Feedback control of human metabolic work rate during robotics-assisted treadmill exercise

A novel approach is presented which suggests the use of human metabolic work rate to define and regulate exercise intensity during robotics-assisted treadmill training. The work describes the design and technical validation of the new method.A feedback structure is proposed which provides automatic regulation of metabolic work rate, in conjunction with an embedded feedback loop for volitional control of mechanical work rate. Human metabolic work rate was derived in real time from breath-by-breath measurements of oxygen uptake and carbon dioxide output.The results show that the feedback method provides close to nominal performance for square-wave and ramp reference tracking tasks and that good disturbance rejection properties are obtained. A collateral finding of this work is an estimate of 14.5% of the metabolic efficiency of robotics-assisted treadmill exercise.The use of feedback control of human metabolic work rate provides a direct measure of exercise intensity as perceived by the exercising human as it directly reflects the energy requirements of the working muscles. This complements previous approaches to guiding robotics-assisted treadmill training based on mechanical work rate, heart rate or oxygen uptake. The new approach based on metabolic work rate may have advantages in populations with compromised and widely varying exercise responses. This provides a new approach for driving and controlling active patient participation during robotics-assisted treadmill exercise.

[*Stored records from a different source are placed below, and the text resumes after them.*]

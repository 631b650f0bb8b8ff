-- ===== src/Pow/Matrix.antt =====
-- The matrices of src/pow/heavyhash.go: how they are drawn from a hash, and their rank. A matrix is
-- the list of its rows. The loop that draws until the rank is full runs on fuel.
use htn_stratum_bridge.Prelude.{
  ℕ, zero, suc, ◌-◌, ◌/◌, ◌%◌, ◌^◌, Bool, true, false, not, ◌&&◌, Option, none, some, List, [], ◌∷◌,
  ◌++◌, Bytes, map, get_elem?, nat_eq, ltb, if◌then◌else◌,
}
use htn_stratum_bridge.Pow.Xoshiro.{Xoshiro, seeded, next_word}
use htn_stratum_bridge.Pow.Floats.{FloatOps, complex_non_linear}

-- The lowest `n` nibbles of a word, lowest first: `(val >> 4*k) & 0x0F`.
unfoldable pub nibbles : ℕ → ℕ → List ℕ
nibbles zero val = []
nibbles (suc n) val = val % 16 ∷ nibbles n (val / 16)

-- `n` words of the generator, and 16 entries of each.
unfoldable pub draw_row : ℕ → Xoshiro → Xoshiro × List ℕ
unfolding next_word nibbles
draw_row zero x = (x, [])
draw_row (suc n) x =
    let (x', val) = next_word x in let (x'', row) = draw_row n x' in (x'', nibbles 16 val ++ row)

-- `n` rows of four words.
unfoldable pub draw_rows : ℕ → Xoshiro → Xoshiro × List (List ℕ)
unfolding draw_row
draw_rows zero x = (x, [])
draw_rows (suc n) x =
    let (x', row) = draw_row 4 x in let (x'', rows) = draw_rows n x' in (x'', row ∷ rows)

module _ {F : Type 0} (fl : FloatOps F) where
  abbrev pub epsilon : F
  epsilon = fl.decimal 1 9

  -- `B[k][p]`; the lists have 64 entries, so that the default is not met.
  abbrev pub entry : ℕ → List F → F
  entry p row = elim (get_elem? row p) [ none ↦ fl.of_nat 0 | some v ↦ v ]

  -- `for p := from; p < 64; p++ { row[p] = f(p, row[p]) }`, for the row's part from `p` on.
  unfoldable pub update_from : ℕ → (ℕ → F → F) → ℕ → List F → List F
  update_from from f p [] = []
  update_from from f p (v ∷ row) =
      (if ltb p from then v else f p v) ∷ update_from from f (suc p) row

  -- The first row from `j` on that is not selected and has a pivot in column `i`; its index is 64
  -- where there is none.
  unfoldable pub find_pivot : ℕ → ℕ → List (Bool × List F) → Option ℕ
  find_pivot i j [] = none
  find_pivot i j ((selected, row) ∷ rows) =
      if not selected && fl.lt epsilon (fl.abs (entry i row))
      then some j
      else find_pivot i (suc j) rows

  -- `B[j][p] /= B[j][i]`, from column i + 1 on.
  abbrev pub normalised : ℕ → List F → List F
  normalised i row = update_from (suc i) (λ p v. fl.div v (entry i row)) 0 row

  -- `B[k][p] -= B[j][p] * B[k][i]`, where `B[k][i]` is not small.
  abbrev pub eliminated : ℕ → List F → List F → List F
  eliminated i pivot row =
      if fl.lt epsilon (fl.abs (entry i row))
      then update_from (suc i) (λ p v. fl.sub v (fl.mul (entry p pivot) (entry i row))) 0 row
      else row

  -- The rows after the elimination with row `j`, those from `k` on.
  unfoldable pub eliminate : ℕ → ℕ → List F → ℕ → List (Bool × List F) → List (Bool × List F)
  unfolding update_from
  eliminate i j pivot k [] = []
  eliminate i j pivot k ((selected, row) ∷ rows) =
      (if nat_eq k j then (true, pivot) else (selected, eliminated i pivot row))
      ∷ eliminate i j pivot (suc k) rows

  abbrev pub row_at : ℕ → List (Bool × List F) → List F
  row_at j rows = elim (get_elem? rows j) [ none ↦ [] | some (selected, row) ↦ row ]

  -- One column of the elimination: the rows and the rank so far.
  abbrev pub with_pivot : ℕ → List (Bool × List F) → ℕ → Option ℕ → List (Bool × List F) × ℕ
  with_pivot i rows rank none = (rows, rank)
  with_pivot i rows rank (some j) = (eliminate i j (normalised i (row_at j rows)) 0 rows, suc rank)

  -- The columns from `i` on, `n` of them.
  unfoldable pub rank_from : ℕ → ℕ → List (Bool × List F) → ℕ → ℕ
  unfolding find_pivot eliminate
  rank_from zero i rows rank = rank
  rank_from (suc n) i rows rank =
      let (rows', rank') = with_pivot i rows rank (find_pivot i 0 rows) in
      rank_from n (suc i) rows' rank'

  -- The elimination on the values that `f` gives for the entries.
  abbrev pub rank_of : (ℕ → F) → List (List ℕ) → ℕ
  rank_of f mat = rank_from 64 0 (map (λ row. (false, map f row)) mat) 0

  -- `computeRank`
  unfoldable pub compute_rank : List (List ℕ) → ℕ
  compute_rank mat = rank_of fl.of_nat mat

  -- `computeHoohashRank`
  unfoldable pub compute_hoohash_rank : List (List ℕ) → ℕ
  compute_hoohash_rank mat =
      rank_of (λ v. fl.add (fl.of_nat v) (complex_non_linear fl (fl.of_nat v))) mat

-- The loop of both generators: matrices are drawn until the rank is full.
unfoldable pub draw_until : (List (List ℕ) → ℕ) → ℕ → Xoshiro → Option (List (List ℕ))
draw_until rank zero x = none
draw_until rank (suc fuel) x =
    let (x', mat) = draw_rows 64 x in
    let again = draw_until rank fuel x' in if nat_eq (rank mat) 64 then some mat else again

module _ {F : Type 0} (fl : FloatOps F) where
  -- `GenerateMatrix`
  unfoldable pub generate_matrix : ℕ → Bytes → Option (List (List ℕ))
  generate_matrix fuel hash = draw_until (compute_rank fl) fuel (seeded hash)

  -- `GenerateHoohashMatrix`
  unfoldable pub generate_hoohash_matrix : ℕ → Bytes → Option (List (List ℕ))
  generate_hoohash_matrix fuel hash = draw_until (compute_hoohash_rank fl) fuel (seeded hash)

  -- `float64(lower4Bytes) / float64(math.MaxUint32) * normalize`
  abbrev pub normalise : ℕ → F
  normalise val =
      fl.mul (fl.div (fl.of_nat (val % 2 ^ 32)) (fl.of_nat (2 ^ 32 - 1))) (fl.of_nat 1000000)

  -- `n` entries of a row.
  unfoldable pub draw_float_row : ℕ → Xoshiro → Xoshiro × List F
  unfolding next_word
  draw_float_row zero x = (x, [])
  draw_float_row (suc n) x =
      let (x', val) = next_word x in
      let (x'', row) = draw_float_row n x' in (x'', normalise val ∷ row)

  unfoldable pub draw_float_rows : ℕ → Xoshiro → List (List F)
  unfolding draw_float_row
  draw_float_rows zero x = []
  draw_float_rows (suc n) x = let (x', row) = draw_float_row 64 x in row ∷ draw_float_rows n x'

  -- `GenerateHoohashMatrixV110`
  unfoldable pub generate_hoohash_matrix_v110 : Bytes → List (List F)
  unfolding draw_float_rows seeded
  generate_hoohash_matrix_v110 hash = draw_float_rows 64 (seeded hash)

► A novel method for feedback control of human metabolic work rate during robotics-assisted treadmill exercise is presented. ► The approach is technically validated using experimental data. ► For the first time, an estimate of the metabolic efficiency of robotics-assisted treadmill exercise is obtained. ► We combine techniques from exercise physiology, feedback control systems, and rehabilitation engineering. ► There is high potential for clinical application for guiding active patient participation during this form of exercise.